D. Wragg muttered uneasily, and glanced right and left, and then the creaking stairs were ascended, when he moved slowly off.
"Stop him there, will you!" cried the sergeant, who saw through the little dealer's design.
"What d'yer mean? what's all this?" cried D. Wragg, struggling with the man, who caught the wrist of his coat in a tight grasp. "If you're going to take a fellow up, take him up; but don't get playing at fast and loose. Don't you make no mistake, I ain't agoin' to stand this sorter thing. I ain't got his dorg, as I've told you 'arf a dozen times; but some on you shall pay for it, so I tell you."
D. Wragg's evasion being stayed, and his small person forced to the front, he was one of those who filled up the landing, close by a couple of doors--one strongly padlocked, and the other cobwebbed and dirty, as if it had not been opened for years.
"Now then, where are the keys of these doors?" said the sergeant.
"Break 'em open while you are about it," cried D. Wragg, in tones that bordered upon a howl. "But don't you make no mistake; I protest against this here, once more. I ain't agoin' to have my house sacked like this here for nothing. I should have thought as them gents would ha' stopped it all; but never mind, I don't care. It shan't go to the bottom without some on you hearin' of it."
"Hold your tongue, will you, and give up the keys," said the sergeant who looked just a trifle less impa.s.sive than usual.
"What is it you all mean?" cried D. Wragg, excitedly, "what is it you are all thinking about? You don't suppose as I'm giving up my respectable business of a nat'ralist to go in for burking and doctor's work, do you? You don't suppose as I know anything of the young chap as is gone. Don't you make no mistake: I can see through it all. You've been crammed and filled up with all sorts o' gammon; but I wonder at you, Sergeant Falkner, a-listening to what such a thing as _that_ says."
D. Wragg pointed as he spoke at Mr John Screwby, which gentleman had, from a scarcity of watchers, and from doubts as to the probability of his staying so long as he was wanted, been brought up from stage to stage, to stand now, shuffling from foot to foot, and staring first at the irate dealer, and then at the door which concealed the interior of the attic from his graze.
"Somebody shall pay for all this, though," cried D. Wragg, "as I said afore, and as I'll say half a score o' times."
As he spoke, he looked full at Sir Francis, as if identifying him with the "somebody" who should be made to pay, although at the present time no mean sum of the baronet's money had made its way into his pockets.
But at last, seeing that Sergeant Falkner would not be trifled with, and that in another moment the door or doors would be kicked down, he produced the keys with a great many protestations, ending at last in a perfect whine of misery, one that strangely reminded the eager bystanders of the dogs below.

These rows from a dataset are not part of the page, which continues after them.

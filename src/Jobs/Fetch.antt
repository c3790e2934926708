-- ===== src/Jobs/Fetch.antt =====
-- No job is lost, repeated or overtaken.
use sigmod_programming_conte.Base.{
  ℕ, zero, suc, ◌-◌, ◌≤◌, ◌<◌, ◌≡◌, refl, sym, ap, ◌∙◌, true, false, ◌||◌, Option, none, some, List,
  [], ◌∷◌, ◌++◌, length, ltb, ◌==◌, ◌>>=◌, arith, Bool-cases, inl, inr, length-append, append_assoc,
  append-nil,
}
use sigmod_programming_conte.Jobs.Defs.{Job, is_barrier, get_weight}
use sigmod_programming_conte.Jobs.Scheduler.{
  JobScheduler, schedule_job, schedule_all, new_weight, schedule, max_weight, take_weight, is_stop,
  fetch_loop, fetch_work,
}

-- `availableWork` is the number of jobs in the queue.
abbrev pub IsCounted : JobScheduler → Type 0
IsCounted s = s.available_work ≡ length s.jobs_queue

schedule_all_lem :
    (jobs : List Job) (s : JobScheduler)
    → IsCounted s
    → ((schedule_all jobs s).jobs_queue ≡ s.jobs_queue ++ jobs) × IsCounted (schedule_all jobs s)
unfolding schedule_all schedule_job
schedule_all_lem [] s c = (sym (append-nil s.jobs_queue), c)
schedule_all_lem (job ∷ jobs) s c =
    let (queue, counted) =
      schedule_all_lem jobs (schedule_job job s)
        (omega (arith, length-append s.jobs_queue (job ∷ []))) in
    (queue ∙ append_assoc s.jobs_queue (job ∷ []) jobs, counted)

-- `Schedule` puts the jobs at the end of the queue, in their order, and counts them.
pub schedule_lem :
    (jobs : List Job) (s : JobScheduler)
    → IsCounted s
    → ((schedule jobs s).jobs_queue ≡ s.jobs_queue ++ jobs) × IsCounted (schedule jobs s)
unfolding schedule new_weight
schedule_lem [] s c = schedule_all_lem [] s c
schedule_lem (job ∷ jobs) s c = elim (Bool-cases (is_barrier job)) [
  | inl e ↦
      rw e
        (schedule_all_lem (job ∷ jobs) (record s { available_weights = 0 ∷ s.available_weights }) c)
  | inr e ↦ rw e (schedule_all_lem (job ∷ jobs) s c)
]

-- Only the last job of a list may be a null pointer or a barrier.
abbrev pub EndsAtBarrier : List Job → Type 0
EndsAtBarrier [] = Unit {0}
EndsAtBarrier (job ∷ []) = Unit {0}
EndsAtBarrier (job ∷ next ∷ jobs) =
    ((is_stop job || is_barrier job) ≡ false) × EndsAtBarrier (next ∷ jobs)

-- What a fetch took from a queue.
pub record Taken (queue : List Job) (r : Option (List Job × JobScheduler)) : Type 0 where
  pub jobs : List Job
  pub after : JobScheduler
  pub returned : r ≡ some (jobs, after)
  pub kept : jobs ++ after.jobs_queue ≡ queue
  pub counted : IsCounted after
  pub ends : EndsAtBarrier jobs

ends-cons :
    (job : Job) (jobs : List Job)
    → (is_stop job || is_barrier job) ≡ false
    → EndsAtBarrier jobs
    → EndsAtBarrier (job ∷ jobs)
ends-cons job [] e h = tt
ends-cons job (next ∷ jobs) e h = (e, h)

fetch_loop-Taken :
    (work budget : ℕ) (weights : List ℕ) (queue : List Job)
    → work ≡ length queue
    → Taken queue (fetch_loop work budget weights queue)
unfolding fetch_loop
fetch_loop-Taken zero budget weights [] e = record {
  jobs = [];
  after = record { available_work = 0; available_weights = weights; jobs_queue = [] };
  returned = refl;
  kept = refl;
  counted = refl;
  ends = tt;
}
fetch_loop-Taken zero budget weights (next ∷ queue) e = absurd (omega arith)
fetch_loop-Taken (suc work) budget weights [] e = absurd (omega arith)
fetch_loop-Taken (suc work) budget weights (next ∷ queue) e =
    let same : work ≡ length queue = omega arith in
    let left = take_weight (get_weight next) weights in
    let rest = fetch_loop-Taken work (budget - get_weight next) left queue same in
    elim (Bool-cases (budget == 0)) [
      | inl spent ↦ record {
        jobs = [];
        after = record {
          available_work = suc work;
          available_weights = weights;
          jobs_queue = next ∷ queue;
        };
        returned = rw spent refl;
        kept = refl;
        counted = e;
        ends = tt;
      }
      | inr more ↦ elim (Bool-cases (is_stop next)) [
        | inl stop ↦ record {
          jobs = next ∷ [];
          after = record { available_work = work; available_weights = weights; jobs_queue = queue };
          returned = rw (more, stop) refl;
          kept = refl;
          counted = same;
          ends = tt;
        }
        | inr go ↦ elim (Bool-cases (is_barrier next)) [
          | inl barrier ↦ record {
            jobs = next ∷ [];
            after = record { available_work = work; available_weights = left; jobs_queue = queue };
            returned = rw (more, go, barrier) refl;
            kept = refl;
            counted = same;
            ends = tt;
          }
          | inr plain ↦ record {
            jobs = next ∷ rest.jobs;
            after = rest.after;
            returned = rw (more, go, plain, rest.returned) refl;
            kept = ap (◌∷◌ next) rest.kept;
            counted = rest.counted;
            ends = ends-cons next rest.jobs (rw (go, plain) refl) rest.ends;
          }
        ]
      ]
    ]

taken_some_next :
    (next : Job) (r : Option (List Job × JobScheduler)) {jobs : List Job} {after : JobScheduler}
    → ◌>>=◌ {B = List Job × JobScheduler} r (λ q. some (next ∷ q.0, q.1)) ≡ some (jobs, after)
    → 1 ≤ length jobs
taken_some_next next none h = absurd (ground arith)
taken_some_next next (some q) h = ground arith

taken_some :
    (work budget : ℕ) (weights : List ℕ) (queue : List Job) {jobs : List Job} {after : JobScheduler}
    → 0 < work
    → 0 < budget
    → fetch_loop work budget weights queue ≡ some (jobs, after)
    → 1 ≤ length jobs
unfolding fetch_loop
taken_some zero budget weights queue lt pos h = absurd (omega arith)
taken_some (suc work) budget weights [] lt pos h = absurd (ground arith)
taken_some (suc work) budget weights (next ∷ queue) {jobs} {after} lt pos h = ground (
  arith,
  taken_some_next next
      (fetch_loop work (budget - get_weight next) (take_weight (get_weight next) weights) queue)
      {jobs = jobs} {after = after},
)

max_weight-pos : (ws : List ℕ) → 0 < max_weight ws
unfolding max_weight
max_weight-pos [] = omega arith
max_weight-pos (w ∷ ws) = ground arith

-- When the queue is counted and has a job, `fetchWork` returns: it takes one job or more from the front, in order, keeps the others and the
-- count, and only the last job that it takes may be a null pointer or a barrier.
pub fetch_work-Taken :
    (s : JobScheduler)
    → IsCounted s
    → 0 < s.available_work
    → (t : Taken s.jobs_queue (fetch_work s)) × (1 ≤ length t.jobs)
unfolding fetch_work
fetch_work-Taken s c pos =
    let some_work : ltb 0 s.available_work ≡ true = ground arith in
    let t =
      fetch_loop-Taken s.available_work (max_weight s.available_weights) s.available_weights
        s.jobs_queue c in
    (
      record {
        jobs = t.jobs;
        after = t.after;
        returned = rw some_work t.returned;
        kept = t.kept;
        counted = t.counted;
        ends = t.ends;
      },
      taken_some s.available_work (max_weight s.available_weights) s.available_weights s.jobs_queue
          pos (max_weight-pos s.available_weights) t.returned,
    )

But the keys produced, D. Wragg's importance decreased on the instant; for though there were those present who trembled at the thought of the door being thrown back, the majority were devoured by curiosity--the morbid curiosity which used to take a crowd to an execution, and even at the present day attracts hundreds to the Old Bailey that they may catch a glimpse of the black flag, and imagine for themselves the horrors going on behind the grim black stony walls.
There were no stony walls here though--only a few slight boards between the gazers and the mystery whose solution they were so eager to read.